Exogenous acetate production includes vinegar as well as the supplementation of acetogenic fiber and probiotics. Acetogenic fiber characteristics (e.g., length, glycosidic bond configuration) may determine acetate production. Endogenous acetate production occurs in all tissues but predominantly in the liver. Microbial acetate is mainly produced in the colon. Colonic absorption and acetate systemic concentrations may differ between colonic production sites (proximal/distal). Furthermore, acetate may increase GLP-1 and PYY secretion in the colon.

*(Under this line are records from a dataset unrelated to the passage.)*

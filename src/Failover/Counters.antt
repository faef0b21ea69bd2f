-- ===== src/Failover/Counters.antt =====
-- How often the target loop calls `doUpstreamRequest`, and what it counts.
use shepard.Base.{
  ℕ, ◌+◌, ◌*◌, ◌≤◌, ◌<◌, ◌≡◌, ◌⊎◌, refl, inl, inr, String, Option, none, some, ◌==◌, nat_eq, ◌&&◌,
  if◌then◌else◌, Bool-cases, ◌∙◌, List, [], ◌∷◌, ◌++◌, Map, length, arith, ap, ℤ,
}
use shepard.Config.Types.{ProviderConfig, ModelConfig, resolved_targets}
use shepard.Admission.{Shared}
use shepard.Payload.{Payload}
use shepard.Failover.Retry.{Attempt, Sent, Progress}
use shepard.Failover.Targets.{
  run_targets, Outcome, no_response, still_waiting, aborted, answered, attempt_count,
}
use shepard.Failover.Rules.{OutcomeSat}
use shepard.Failover.Order.{
  MayFollow, Ordered, quiet, sends, IsOrdered, IsRelayed, run_targets-Ordered,
}
use shepard.Failover.Tally.{IsTallied, run_targets-IsTallied}

-- How often a target's attempt is in the log.
abbrev pub times_sent : ℕ → ℕ → List Sent → ℕ
times_sent i j [] = 0
times_sent i j (s ∷ log) = (if s.target == i && s.attempt == j then 1 else 0) + times_sent i j log

times_sent-append :
    (i j : ℕ) (xs ys : List Sent)
    → times_sent i j (xs ++ ys) ≡ times_sent i j xs + times_sent i j ys
times_sent-append i j [] ys = omega arith
times_sent-append i j (s ∷ xs) ys = omega (arith, times_sent-append i j xs ys)

-- A target and an attempt that come after the last call.
abbrev IsAfter : Option Sent → ℕ → ℕ → Type 0
IsAfter none i j = Unit {0}
IsAfter (some s) i j = (s.target < i) ⊎ ((s.target ≡ i) × (s.attempt < j))

IsAfter-earlier :
    (last : Option Sent) (s : Sent) (i j : ℕ)
    → MayFollow last s
    → IsAfter (some s) i j
    → IsAfter last i j
IsAfter-earlier none s i j m a = tt
IsAfter-earlier (some prev) s i j (inl (same, next, transient)) (inl a) = inl (omega arith)
IsAfter-earlier (some prev) s i j (inl (same, next, transient)) (inr (b, c)) =
    inr (omega arith, omega arith)
IsAfter-earlier (some prev) s i j (inr (before, first)) (inl a) = inl (omega arith)
IsAfter-earlier (some prev) s i j (inr (before, first)) (inr (b, c)) = inl (omega arith)

MayFollow-IsAfter :
    (last : Option Sent) (s : Sent) → MayFollow last s → IsAfter last s.target s.attempt
MayFollow-IsAfter none s m = tt
MayFollow-IsAfter (some prev) s (inl (same, next, transient)) = inr (omega arith, omega arith)
MayFollow-IsAfter (some prev) s (inr (before, first)) = inl before

times_sent-last :
    (i j : ℕ) (log log' : List Sent) (s : Sent)
    → log' ≡ log ++ s ∷ []
    → times_sent i j log' ≡ times_sent i j log + times_sent i j (s ∷ [])
times_sent-last i j log log' s e = ap (times_sent i j) e ∙ times_sent-append i j log (s ∷ [])

-- What comes after the last call is not in the log.
Ordered-after :
    {last : Option Sent} {log : List Sent} (i j : ℕ)
    → Ordered last log
    → IsAfter last i j
    → times_sent i j log ≡ 0
Ordered-after i j quiet a = refl
Ordered-after i j (sends {last} {log} {log'} s o m e) a = ground (
  arith,
  a,
  times_sent-last i j log log' s e,
  Ordered-after i j o (IsAfter-earlier last s i j m a),
)

Ordered-once :
    {last : Option Sent} {log : List Sent} (i j : ℕ) → Ordered last log → times_sent i j log ≤ 1
Ordered-once i j quiet = omega arith
Ordered-once i j (sends {last} {log} {log'} s o m e) =
    elim (Bool-cases (s.target == i && s.attempt == j)) [
      | inl here ↦
          let target_is : s.target ≡ i = ground (arith, here) in
          let attempt_is : s.attempt ≡ j = ground (arith, here) in
          let after : IsAfter last i j =
            rw (← target_is, ← attempt_is) (MayFollow-IsAfter last s m) in
          ground (arith, times_sent-last i j log log' s e, Ordered-after i j o after)
      | inr elsewhere ↦
          ground (arith, elsewhere, times_sent-last i j log log' s e, Ordered-once i j o)
    ]

-- The counters say what the log holds: at most `bound` calls, none of them for a target and an
-- attempt that another one is for.
pub record IsCounted (bound : ℕ) (p : Progress) : Type 0 where
  pub tallied : IsTallied bound p
  pub once : (i j : ℕ) → times_sent i j p.sent ≤ 1

both-IsCounted :
    (bound : ℕ) (total : ℕ) (retries : ℤ) (o : Outcome)
    → OutcomeSat (IsTallied bound) (λ q _ _ _. IsTallied bound q) o
    → OutcomeSat IsOrdered
        (λ q s response held. Ordered (some s) q.sent × IsRelayed total retries s response)
        o
    → OutcomeSat (IsCounted bound) (λ q _ _ _. IsCounted bound q) o
both-IsCounted bound total retries (no_response p) t (last, o) = record {
  tallied = t;
  once = λ i j. Ordered-once i j o;
}
both-IsCounted bound total retries (still_waiting p) t (last, o) = record {
  tallied = t;
  once = λ i j. Ordered-once i j o;
}
both-IsCounted bound total retries (aborted p) t (last, o) = record {
  tallied = t;
  once = λ i j. Ordered-once i j o;
}
both-IsCounted bound total retries (answered p s response held) t (o, relayed) = record {
  tallied = t;
  once = λ i j. Ordered-once i j o;
}

-- However the providers answer, the loop calls `doUpstreamRequest` at most once for each target and
-- attempt, and in all at most once for each target and each of its attempts; the counter of
-- upstream requests is the number of these calls, and the counter of upstream errors is the number
-- of those that failed, be it before anything was sent.
pub run_targets-IsCounted :
    (marshal : Payload → Option String) (providers : Map ProviderConfig) (payload : Payload)
    (endpoint : String) (model : ModelConfig) (env : ℕ → ℕ → Attempt) (w : Shared)
    → let bound : ℕ = length (resolved_targets model) * attempt_count model.retries in
      OutcomeSat
        (IsCounted bound)
        (λ q _ _ _. IsCounted bound q)
        (run_targets marshal providers payload endpoint model env w)
run_targets-IsCounted marshal providers payload endpoint model env w =
    both-IsCounted (length (resolved_targets model) * attempt_count model.retries)
      (length (resolved_targets model)) model.retries _
      (run_targets-IsTallied marshal providers payload endpoint model env w)
      (run_targets-Ordered marshal providers payload endpoint model env w)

Systemic acetate may improve metabolic health through improvements in adipose tissue functioning (antilipolytic/anti-inflammatory effects), insulin sensitivity, and oxidative capacity (e.g., liver, skeletal muscle) increments in satiety (central nervous system) as well as modulation of insulin secretion (pancreas). Solid lines indicate well-studied effects of acetate. The dashed lines indicate more inconsistent findings.

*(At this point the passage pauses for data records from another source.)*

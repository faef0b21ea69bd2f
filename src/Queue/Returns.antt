-- ===== src/Queue/Returns.antt =====
-- A call of `wait` whose context ends returns.
use shepard.Base.{◌≡◌, ◌⊎◌, inl, inr, refl, Bool, true, false, Option, none, some, List, [], ◌∷◌}
use shepard.Queue.{
  RequestQueue, Round, Admission, Wake, done, ticked, enter, wait, wait_loop, on_wake, first_try,
  enter_and_wait, finish,
}

-- A round in which the context is done.
abbrev pub HasEnd : {S : Type 0} → List (Round S) → Type 0
HasEnd [] = ⊥
HasEnd (round ∷ rounds) = (round.wake ≡ done) ⊎ HasEnd rounds

module _ {R S : Type 0} (try : S → Option R × S) where
  module _ (P : Option (Admission R) × (RequestQueue × S) → Type 0) where
    -- One round of the loop: the context ends, the ticker's `try` admits, or the loop goes on.
    on_wake_rule :
        (k : Wake) (q : RequestQueue) (s : S) (tried : Option R × S)
        (again : RequestQueue × S → Option (Admission R) × (RequestQueue × S))
        → P (finish try none (q, s))
        → ((r : R) (s' : S) → tried ≡ (some r, s') → P (finish try (some r) (q, s')))
        → ((u : RequestQueue × S) → P (again u))
        → P (on_wake try k q s tried again)
    unfolding on_wake
    on_wake_rule done q s tried again stopped admitted later = stopped
    on_wake_rule ticked q s (some r, s') again stopped admitted later = admitted r s' refl
    on_wake_rule ticked q s (none, s') again stopped admitted later = later (q, s')

  wait_loop-returns :
      (rounds : List (Round S)) (w : RequestQueue × S)
      → HasEnd rounds
      → (a : Admission R) × ((wait_loop try rounds w).0 ≡ some a)
  unfolding wait_loop finish
  wait_loop-returns [] w h = absurd h
  wait_loop-returns (round ∷ rounds) w (inl e) =
      rw e (record { release = none; queued = true }, refl)
  wait_loop-returns (round ∷ rounds) w (inr h) =
      on_wake_rule (λ x. (a : Admission R) × (x.0 ≡ some a)) round.wake (round.others w).0
        (round.others w).1 (try (round.others w).1) (wait_loop try rounds)
        (record { release = none; queued = true }, refl)
        (λ r s' e. (record { release = some r; queued = true }, refl))
        (λ u. wait_loop-returns rounds u h)

  -- A wait whose context ends in one of its rounds returns.
  pub wait-returns :
      (rounds : List (Round S)) (q : RequestQueue) (s : S)
      → HasEnd rounds
      → (a : Admission R) × ((wait try rounds (q, s)).0 ≡ some a)
  unfolding wait
  wait-returns rounds q s h = after_first (try s) (enter q)
    where
      after_enter :
          (t : S) (entered : RequestQueue × Bool)
          → (a : Admission R) × ((enter_and_wait try rounds entered t).0 ≡ some a)
      after_enter t (q', true) = wait_loop-returns rounds (q', t) h
      after_enter t (q', false) = (record { release = none; queued = false }, refl)

      after_first :
          (tried : Option R × S) (entered : RequestQueue × Bool)
          → (a : Admission R) × ((first_try try rounds q tried).0 ≡ some a)
      after_first (some r, t) entered = (record { release = some r; queued = false }, refl)
      after_first (none, t) entered = after_enter t (enter q)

6. Conclusions and Perspectives

From a mechanistic perspective, a vast wealth of animal data suggests that acetate has an important regulatory role in body weight control, and insulin sensitivity through effects on lipid metabolism and glucose homeostasis (as summarized in Figure 1). Current evidence of acetate-mediated effects on metabolism emphasizes the need for well-controlled human intervention studies that ensure an efficient administration of acetate (considering location and concentration) in a physiological and appealing manner. Under this premise, prebiotic supplementation has been conducted. However, this process had inconsistent results with regard to increasing colonic/systemic acetate production. Nevertheless, a few human studies have shown the capacity to improve markers of whole-body insulin sensitivity [11,187,190]. Similarly, a few probiotic human studies, with the potential to increase acetate production, have reported improvements in whole-body insulin sensitivity [202,206]. While the effect of changes in acetate levels to the observed metabolic phenotype in these studies remains unclear, in light of the evidence presented in this report, it is reasonable to hypothesize that acetate acts as a direct mediator of these effects. With respect to oral acetate administrations (vinegar), improvements on glucose homeostasis have been reported, and attributed to acetic acid. Future vinegar supplementations should specify its composition (e.g., acetic acid percentage, polyphenols). Moreover, future prebiotic/probiotic/vinegar studies should consider that responses may differ between healthy individuals and pre-diabetic individuals, as shown in vinegar administrations.

Figure 1

Acetate sources and acetate-mediated effects in metabolic health. Exogenous acetate production includes vinegar as well as the supplementation of acetogenic fiber and probiotics. Acetogenic fiber characteristics (e.g. length, glycosidic bond configuration) may determine acetate production. Endogenous acetate production occurs in all tissues but predominantly in the liver. Microbial acetate is mainly produced in the colon. Colonic absorption and acetate systemic concentrations may differ between colonic production sites (proximal/distal). Importantly, acetate may increase GLP-1 and PYY secretion in the colon. Systemic acetate may improve metabolic health via improvements in adipose tissue functioning (antilipolytic/anti-inflammatory effects) insulin sensitivity and oxidative capacity (e.g. liver, skeletal muscle) increments in satiety (central nervous system) and modulation of insulin secretion (pancreas). Solid lines indicate well-studied effects of acetate, dashed line indicate more inconsistent findings.